» **BRIEF**
Reading the records below, how many lines contain "refl"? Respond with a number and nothing else.

» **SUPPLIED ENTRIES**
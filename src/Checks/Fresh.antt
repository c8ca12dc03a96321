-- ===== src/Checks/Fresh.antt =====
-- compiler/checks.rs, `claim_binding`: the tests that one turn of the loop makes.
use mathlib.Core.List.{Memᴰ}
use agent_receipts.Prelude.{
  ◌≡◌, refl, ◌↔◌, ◌⊎◌, inl, inr, true, false, ◌&&◌, String, List, [], ◌∷◌, arith, eq_iff, filter,
  mem-filter, contains, contains_iff, texts_eq_iff, is_empty, and_iff,
}
use agent_receipts.Checks.Types.{CheckDefinition, CheckAttemptRecord}
use agent_receipts.Checks.Current.{
  BindingSnapshot, is_eligible, has_environment, is_fresh, Verdict, no_attempt, stale,
  environment_mismatch, current,
}

-- The attempt ran this version of the check, on this work tree, in this environment.
pub record IsFresh (check : CheckDefinition) (snapshot : BindingSnapshot)
    (attempt : CheckAttemptRecord) : Type 0 where
  pub same_class : attempt.environment_class ≡ check.environment_class
  pub same_environment : attempt.environment_digest ≡ snapshot.environment_digest
  pub same_version : attempt.check_version ≡ check.version
  pub same_claims : attempt.target_claims ≡ check.target_claims
  pub same_paths : attempt.covered_paths ≡ snapshot.covered_paths
  pub same_subject : attempt.subject_digest ≡ snapshot.subject_digest
  pub same_locks : attempt.dependency_lock_digest ≡ snapshot.dependency_lock_digest
  pub same_command : attempt.command_digest ≡ snapshot.command_digest
  pub same_definition : attempt.definition_digest ≡ snapshot.definition_digest

pub current_tests_iff :
    (check : CheckDefinition) (snapshot : BindingSnapshot) (attempt : CheckAttemptRecord)
    → ((has_environment check snapshot attempt && is_fresh check snapshot attempt) ≡ true)
      ↔ IsFresh check snapshot attempt
unfolding has_environment is_fresh
current_tests_iff check snapshot attempt = (
  λ h. record {
    same_class = (eq_iff _ _).0 (ground arith);
    same_environment = (eq_iff _ _).0 (ground arith);
    same_version = (eq_iff _ _).0 (ground arith);
    same_claims = (texts_eq_iff _ _).0 (ground arith);
    same_paths = (texts_eq_iff _ _).0 (ground arith);
    same_subject = (eq_iff _ _).0 (ground arith);
    same_locks = (eq_iff _ _).0 (ground arith);
    same_command = (eq_iff _ _).0 (ground arith);
    same_definition = (eq_iff _ _).0 (ground arith);
  },
  λ f.
      let a = (eq_iff _ _).1 f.same_class in
      let b = (eq_iff _ _).1 f.same_environment in
      let c = (eq_iff _ _).1 f.same_version in
      let d = (texts_eq_iff _ _).1 f.same_claims in
      let e = (texts_eq_iff _ _).1 f.same_paths in
      let g = (eq_iff _ _).1 f.same_subject in
      let k = (eq_iff _ _).1 f.same_locks in
      let l = (eq_iff _ _).1 f.same_command in
      let m = (eq_iff _ _).1 f.same_definition in rw (a, b, c, d, e, g, k, l, m) refl,
)

pub Verdict-cases :
    (v : Verdict)
    → (v ≡ no_attempt)
      ⊎ (v ≡ stale)
      ⊎ (v ≡ environment_mismatch)
      ⊎ ((a : CheckAttemptRecord) × (v ≡ current a))
Verdict-cases no_attempt = inl refl
Verdict-cases stale = inr (inl refl)
Verdict-cases environment_mismatch = inr (inr (inl refl))
Verdict-cases (current a) = inr (inr (inr (a, refl)))

pub eligible_iff :
    (claim_id claim_kind : String) (check : CheckDefinition) (checks : List CheckDefinition)
    → Memᴰ check (filter (is_eligible claim_id claim_kind) checks) ↔ (
        Memᴰ check checks
        × Memᴰ claim_id check.target_claims
        × Memᴰ claim_kind check.eligible_claim_kinds)
unfolding is_eligible
eligible_iff claim_id claim_kind check checks = (
  λ m.
      let k = (mem-filter (is_eligible claim_id claim_kind)).0 m in
      let tests =
        (and_iff (contains check.target_claims claim_id)
            (contains check.eligible_claim_kinds claim_kind)).0
          k.1 in
      (k.0, (contains_iff _ _).0 tests.0, (contains_iff _ _).0 tests.1),
  λ h. (mem-filter (is_eligible claim_id claim_kind)).1 (
    h.0,
    (and_iff _ _).1 (
      (contains_iff check.target_claims claim_id).1 h.1,
      (contains_iff check.eligible_claim_kinds claim_kind).1 h.2,
    ),
  ),
)

pub List-cases : {A : Type 0} (xs : List A) → (xs ≡ []) ⊎ (is_empty xs ≡ false)
List-cases [] = inl refl
List-cases (x ∷ xs) = inr refl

» **THE ANSWER**
8